Investors instead have focused on the company’s profitability, which makes some sense. Indeed, I argued ahead of the Q3 release that earnings and margins would be key for TSLA stock.

It’s clear that Tesla has an enormous opportunity. The questions have been whether it can thrive despite competition in electric vehicles from the likes of Volkswagen (OTCMKTS:VWAGY), BMW (OTCMKTS:BMWYY) and Porsche (OTCMKTS:POAHY) — and if Tesla can be consistently profitable while the $35,000 Model 3 generates most of its revenue.

As far as competition goes, EV market growth and Tesla’s first-mover advantage should allow Tesla to sell more cars going forward than it has in the past. Its new battery factories  in China and Berlin, will help boost its international sales.

But where the Q3 report truly helped Tesla stock was on the profitability front. Tesla increased its gross margin despite lower sales, with the company’s 10-Q filing specifically highlighting “improvement of manufacturing efficiencies.” Some bears thought warranty adjustments raised the company’s profits, but, as with all things TSLA, that argument has been disputed.
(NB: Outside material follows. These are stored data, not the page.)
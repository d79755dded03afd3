-- ===== src/Docker/Types.antt =====
-- petri/core/provider/docker: the provider's state, the tasks' states, the log of the calls made to
-- Docker, to the address allocator and to the operating system, and what answers those calls. A
-- task's state is shared by pointer between the provider and the task, so it stands in a cell.
use ironbird.Base.{ℕ, String, Bool, Option, List, ◌∷◌, ◌==◌, str_eq, if◌then◌else◌}
use ironbird.Base.Action.{Result, ok, Action}
use ironbird.Definition.{TaskDefinition, TaskStatus, DefinitionError}

pub record VolumeState : Type 0 where
  pub name : String
  pub size : String

-- A port binding is the host's port; its host address is always 0.0.0.0.
pub record TaskState : Type 0 where
  pub id : String
  pub name : String
  pub volume : Option VolumeState
  pub definition : TaskDefinition
  pub status : TaskStatus
  pub ip_address : String
  pub builder_image_name : String
  pub network_name : String
  pub port_bindings : List (String × String)

-- The map from a task's id to the cell of its state.
pub record ProviderState : Type 0 where
  pub task_states : List (String × ℕ)
  pub name : String
  pub network_id : String
  pub network_name : String
  pub network_cidr : String
  pub network_gateway : String
  pub builder_image_name : String

pub data Error : Type 0 where
  client : String → Error
  not_found : String → Error
  bad_definition : DefinitionError → Error
  empty_provider_name no_ipam_config bad_ipam_count bad_cidr ctx_done out_of_fuel : Error
  id_mismatch name_mismatch cidr_mismatch status_mismatch volume_mismatch : Error
  port_not_found wait_error bad_exit nil_dereference : Error

-- client.IsErrNotFound
abbrev pub is_not_found : Error → Bool
is_not_found (not_found s) = Bool.true
is_not_found _ = Bool.false

pub record NetworkOptions : Type 0 where
  pub name : String
  pub label : String
  pub subnet : String
  pub gateway : String

-- The IPAM configurations as pairs of a subnet and a gateway.
pub record NetworkInfo : Type 0 where
  pub id : String
  pub name : String
  pub ipam : List (String × String)

pub record ContainerOptions : Type 0 where
  pub name : String
  pub image : String
  pub entrypoint : List String
  pub command : List String
  pub environment : List (String × String)
  pub labels : List (String × String)
  pub mounts : List (String × String)
  pub port_bindings : List (String × String)
  pub network : Option String
  pub address : Option String
  pub auto_remove : Bool

pub record ContainerInfo : Type 0 where
  pub name : String
  pub status : String

-- The outcome of ContainerWait: the message of its error, and the exit code.
pub record WaitInfo : Type 0 where
  pub failure : Option String
  pub exit_code : ℕ

-- A call with its answer.
pub data Call : Type 0 where
  ping : Result Error (Unit {0}) → Call
  network_create : NetworkOptions → Result Error String → Call
  network_inspect : String → Result Error NetworkInfo → Call
  network_remove : String → Result Error (Unit {0}) → Call
  image_pull : String → String → Result Error (Unit {0}) → Call
  image_inspect : String → Result Error (Unit {0}) → Call
  container_create : ContainerOptions → Result Error String → Call
  container_start : String → Result Error (Unit {0}) → Call
  container_stop : String → Result Error (Unit {0}) → Call
  container_remove : String → Result Error (Unit {0}) → Call
  container_inspect : String → Result Error ContainerInfo → Call
  container_wait : String → Result Error WaitInfo → Call
  volume_create : String → String → Result Error String → Call
  volume_inspect : String → Result Error String → Call
  volume_remove : String → Result Error (Unit {0}) → Call
  open_port : Result Error String → Call
  close_port : Result Error (Unit {0}) → Call
  allocator_new : String → Result Error (Unit {0}) → Call
  allocate : String → Result Error (Unit {0}) → Call
  allocate_next : Result Error String → Call
  sleep : Call

-- The calls made so far, newest first.
abbrev pub Log : Type 0
Log = List Call

-- What answers the calls. An answer may depend on all the calls made before.
pub record Client : Type 0 where
  pub pinged : Log → Result Error (Unit {0})
  pub network_created : Log → NetworkOptions → Result Error String
  pub network_inspected : Log → String → Result Error NetworkInfo
  pub network_removed : Log → String → Result Error (Unit {0})
  pub image_pulled : Log → String → String → Result Error (Unit {0})
  pub image_inspected : Log → String → Result Error (Unit {0})
  pub container_created : Log → ContainerOptions → Result Error String
  pub container_started : Log → String → Result Error (Unit {0})
  pub container_stopped : Log → String → Result Error (Unit {0})
  pub container_removed : Log → String → Result Error (Unit {0})
  pub container_inspected : Log → String → Result Error ContainerInfo
  pub container_waited : Log → String → Result Error WaitInfo
  pub volume_created : Log → String → String → Result Error String
  pub volume_inspected : Log → String → Result Error String
  pub volume_removed : Log → String → Result Error (Unit {0})
  pub port_opened : Log → Result Error String
  pub port_closed : Log → Result Error (Unit {0})
  pub allocator_made : Log → String → Result Error (Unit {0})
  pub allocated : Log → String → Result Error (Unit {0})
  pub next_allocated : Log → Result Error String
  pub ctx_canceled : Log → Bool
  pub random_255 : Log → ℕ → ℕ
  pub time_text : Log → String
  pub ℕ_text : ℕ → String
  pub parse_cidr : String → Option String

-- A task is the cell of its state. `next` is the first cell that is not in use.
pub record World : Type 0 where
  pub log : Log
  pub cells : ℕ → TaskState
  pub next : ℕ
  pub provider : ProviderState

abbrev pub Docker : Type 0 → Type 0
Docker A = Action World Error A

-- One call: the answer is recorded.
unfoldable pub request : {A : Type 0} → (Log → Result Error A) → (Result Error A → Call) → Docker A
request ask entry w = (ask w.log, record w { log = entry (ask w.log) ∷ w.log })

-- One call whose failure the code looks at: the answer is the value.
unfoldable pub observe :
    {A : Type 0} → (Log → Result Error A) → (Result Error A → Call) → Docker (Result Error A)
observe ask entry w = (ok (ask w.log), record w { log = entry (ask w.log) ∷ w.log })

-- A step whose failure is only logged.
unfoldable pub ignore : {A : Type 0} → Docker A → Docker (Unit {0})
ignore m w = (ok tt, (m w).1)

unfoldable pub update : (ℕ → TaskState) → ℕ → TaskState → ℕ → TaskState
update cells r t s = if r == s then t else cells s

-- Go's map assignment and `delete`.
unfoldable pub insert : String → ℕ → List (String × ℕ) → List (String × ℕ)
insert k r List.[] = (k, r) ∷ List.[]
insert k r ((j, s) ∷ m) = if str_eq j k then (k, r) ∷ m else (j, s) ∷ insert k r m

unfoldable pub delete : String → List (String × ℕ) → List (String × ℕ)
delete k List.[] = List.[]
delete k ((j, s) ∷ m) = let rest = delete k m in if str_eq j k then rest else (j, s) ∷ rest
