-- ===== src/Docker/Network.antt =====
-- petri/core/provider/docker/network.go and volume.go (volumes): the network, addresses, ports and
-- volumes of the provider. The locks guard single steps of the model, so they are left out.
use Prim.Native.String.{◌++◌ as append}
use ironbird.Base.{
  zero, suc, String, Bool, true, false, not, none, some, List, [], ◌∷◌, str_eq, if◌then◌else◌,
}
use ironbird.Base.Action.{Result, ok, err, pure, raise, lift, gets, ◌>>=◌, ◌>>◌}
use ironbird.Definition.{VolumeDefinition, validate_volume, DefinitionError}
use ironbird.Docker.Types.{
  World, Docker, Client, Error, bad_definition, bad_ipam_count, id_mismatch, name_mismatch,
  cidr_mismatch, ctx_done, wait_error, bad_exit, is_not_found, NetworkOptions, NetworkInfo,
  ContainerOptions, WaitInfo, network_create, network_inspect, network_remove, open_port,
  close_port, allocate_next, volume_create, volume_inspect, volume_remove, container_create,
  container_start, container_wait, container_inspect, container_remove, image_pull, request,
  observe, ignore, ContainerInfo,
}

module _ (c : Client) where
  unfoldable pub pull_image : String → String → Docker (Unit {0})
  pull_image image auth = request (λ l. c.image_pulled l image auth) (image_pull image auth)

  unfoldable pub create_container : ContainerOptions → Docker String
  create_container o = request (λ l. c.container_created l o) (container_create o)

  unfoldable pub remove_container : String → Docker (Unit {0})
  remove_container id = request (λ l. c.container_removed l id) (container_remove id)

  unfoldable pub inspect_network : String → Docker NetworkInfo
  inspect_network id = request (λ l. c.network_inspected l id) (network_inspect id)

  -- "192.%d.%d" with two numbers drawn below 255
  unfoldable pub subnet_prefix : World → String
  subnet_prefix w =
      append "192."
        (append (c.ℕ_text (c.random_255 w.log 0)) (append "." (c.ℕ_text (c.random_255 w.log 1))))

  unfoldable pub network_options : World → NetworkOptions
  unfolding subnet_prefix
  network_options w = record {
    name = w.provider.network_name;
    label = w.provider.name;
    subnet = append (subnet_prefix w) ".0/24";
    gateway = append (subnet_prefix w) ".1";
  }

  unfoldable pub init_network : Docker NetworkInfo
  unfolding network_options inspect_network
  init_network = do
    options ← gets network_options
    id ← request (λ l. c.network_created l options) (network_create options)
    inspect_network id

  -- The tests of `ensureNetwork` on what the inspection returned.
  unfoldable pub same_network : World → NetworkInfo → Result Error (Unit {0})
  same_network w n =
      if not (str_eq n.id w.provider.network_id)
      then err id_mismatch
      else if not (str_eq n.name w.provider.network_name)
      then err name_mismatch
      else elim n.ipam [
        | [] ↦ err bad_ipam_count
        | config ∷ more ↦ elim more [
          | [] ↦ if not (str_eq config.0 w.provider.network_cidr) then err cidr_mismatch else ok tt
          | other ∷ others ↦ err bad_ipam_count
        ]
      ]

  unfoldable pub ensure_network : Docker (Unit {0})
  unfolding same_network inspect_network
  ensure_network = do
    id ← gets (λ w. w.provider.network_id)
    n ← inspect_network id
    w ← gets (λ w. w)
    lift (same_network w n)

  unfoldable pub destroy_network : Docker (Unit {0})
  destroy_network w =
      request (λ l. c.network_removed l w.provider.network_id)
        (network_remove w.provider.network_id) w

  unfoldable pub next_available_port : Docker String
  next_available_port = request c.port_opened open_port

  unfoldable pub next_available_ip : Docker String
  next_available_ip = request c.next_allocated allocate_next

  -- One binding for each port; its listener is closed at once.
  unfoldable pub generate_port_bindings : List String → Docker (List (String × String))
  unfolding next_available_port
  generate_port_bindings [] = pure []
  generate_port_bindings (port ∷ ports) = do
    host ← next_available_port
    request c.port_closed close_port
    rest ← generate_port_bindings ports
    pure ((port, host) ∷ rest)

  unfoldable pub invalid_volume : Result DefinitionError (Unit {0}) → Result Error (Unit {0})
  invalid_volume (ok u) = ok tt
  invalid_volume (err e) = err (bad_definition e)

  -- A volume that exists is used as it is.
  unfoldable pub existing_or_new : VolumeDefinition → Result Error String → Docker String
  existing_or_new v (ok name) = pure name
  existing_or_new v (err e) = do
    label ← gets (λ w. w.provider.name)
    request (λ l. c.volume_created l v.name label) (volume_create v.name label)

  unfoldable pub create_volume : VolumeDefinition → Docker String
  unfolding invalid_volume existing_or_new
  create_volume v = do
    lift (invalid_volume (validate_volume v))
    found ← observe (λ l. c.volume_inspected l v.name) (volume_inspect v.name)
    existing_or_new v found

  unfoldable pub destroy_volume : String → Docker (Unit {0})
  destroy_volume id = request (λ l. c.volume_removed l id) (volume_remove id)

  unfoldable pub owner_options : World → String → String → String → ContainerOptions
  owner_options w volume uid gid = record {
    name = append "petri-setowner-" (c.time_text w.log);
    image = w.provider.builder_image_name;
    entrypoint = "sh" ∷ "-c" ∷ [];
    command =
        "chown \"$2:$3\" \"$1\" && chmod 0700 \"$1\"" ∷ "_" ∷ "/mnt/dockervolume" ∷ uid ∷ gid ∷ [];
    environment = [];
    labels = ("petri-provider", w.provider.name) ∷ [];
    mounts = (volume, "/mnt/dockervolume") ∷ [];
    port_bindings = [];
    network = none;
    address = none;
    auto_remove = true;
  }

  -- A container that is gone already is not removed again.
  unfoldable pub after_inspection : String → Result Error ContainerInfo → Docker (Unit {0})
  unfolding remove_container
  after_inspection id (ok info) = remove_container id
  after_inspection id (err e) = if is_not_found e then pure tt else remove_container id

  -- The deferred removal of a container that was not seen to end.
  unfoldable pub clean_up : String → Docker (Unit {0})
  unfolding after_inspection
  clean_up id = do
    found ← observe (λ l. c.container_inspected l id) (container_inspect id)
    ignore (after_inspection id found)

  unfoldable pub fail_after : String → Error → Docker (Unit {0})
  unfolding clean_up
  fail_after id e = do clean_up id; raise e

  -- A container that has ended removes itself.
  unfoldable pub finished : WaitInfo → Result Error (Unit {0})
  finished i = elim i.failure [
    | some message ↦ err wait_error
    | none ↦ elim i.exit_code [ zero ↦ ok tt | suc n ↦ err bad_exit ]
  ]

  -- The `select`: a context that is done comes first here, where Go may choose.
  unfoldable pub wait_outcome : String → Bool → Result Error WaitInfo → Docker (Unit {0})
  unfolding fail_after finished
  wait_outcome id true answer = fail_after id ctx_done
  wait_outcome id false (err e) = fail_after id e
  wait_outcome id false (ok info) = lift (finished info)

  unfoldable pub start_outcome : String → Result Error (Unit {0}) → Docker (Unit {0})
  unfolding fail_after wait_outcome
  start_outcome id (err e) = fail_after id e
  start_outcome id (ok u) = do
    answer ← observe (λ l. c.container_waited l id) (container_wait id)
    done ← gets (λ w. c.ctx_canceled w.log)
    wait_outcome id done answer

  unfoldable pub set_volume_owner : String → String → String → Docker (Unit {0})
  unfolding start_outcome pull_image create_container owner_options
  set_volume_owner volume uid gid = do
    builder ← gets (λ w. w.provider.builder_image_name)
    pull_image builder ""
    options ← gets (λ w. owner_options w volume uid gid)
    id ← create_container options
    started ← observe (λ l. c.container_started l id) (container_start id)
    start_outcome id started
In any event, Tesla’s Q3 profit was still impressive, at least relative to expectations. Its earnings per share, excluding some items, did decline 37% year-over-year.  But its EPS of $1.91 surprised analysts who, on average, had expected a loss.

Those earnings create an intriguing bullish argument. Specifically, if Tesla can drive a profit now and improve its margins, surely its earnings will get even better as it expands to new markets  and its sales rise.

The Problem With TSLA Stock

In that context, the steady rise of Tesla stock makes some sense. And from a near-term standpoint, the chart of TSLA stock suggests more gains ahead. That said, there are reasons to be cautious about TSLA stock as well.

One key concern is that chart. TSLA stock historically has struggled when it’s cleared $350. The shares closed above that level for the first time on June 6, 2017, and stayed above $350 for nearly a month. Another rally in August 2017 lasted ten sessions before faltering. In the 28 months since then, Tesla stock has closed above $350 16 times. It never stayed above $350 for more than ten trading days; on average, TSLA stock fell below that level in  fewer than four sessions.

Many investors  have been persistently worried about the valuation of TSLA stock. And that concern still has some validity. TSLA stock is trading at 34 times analysts’ average 2021 EPS estimate. By comparison,  U.S. auto manufacturers Ford (NYSE:F) and General Motors (NYSE:GM) trade at single-digit multiples.

Obviously, the relatively low valuations of Ford and GM are due in part to Tesla’s threat. Both companies are well behind TSLA in electric vehicles. By the same token, an investor wouldn’t call a retailer like Kohl’s (NYSE:KSS) “cheap” simply because it trades at a big discount to Amazon.com (NASDAQ:AMZN). When one company is taking sales from another, it should trade at a substantial premium to its struggling rival.

Still, with Tesla stock above $350, it’s pricing in consistent, impressive growth. And it’s fair to wonder to what extent Tesla can deliver on that. The automotive business is brutally competitive and notoriously cyclical. Tesla’s solar business is close to immaterial at this point, with its revenue this year tracking to under $1.5 billion. Investors have worried about the valuation of Tesla stock at these levels in the past, and they may do so again.

Is This Time Different?

As the common financial industry disclaimer notes, past performance does not guarantee future success (or failure). TSLA stock is breaking out at the moment, and its chart looks positive.

But Tesla’s Q1 delivery report looms at the beginning of next month. There could be some delayed profit-taking as investors who bought Tesla stock on weakness last spring wait until spring 2020 to sell their shares so they can pay lower taxes on their gains.

And, again, history suggests that when one side of the TSLA debate wants to celebrate, it instead should start to worry. That was the case for bears in May, who thought their concerns had been validated. Bulls should at least consider the possibility that their time for caution has arrived.

As of this writing, Vince Martin has no positions in any securities mentioned.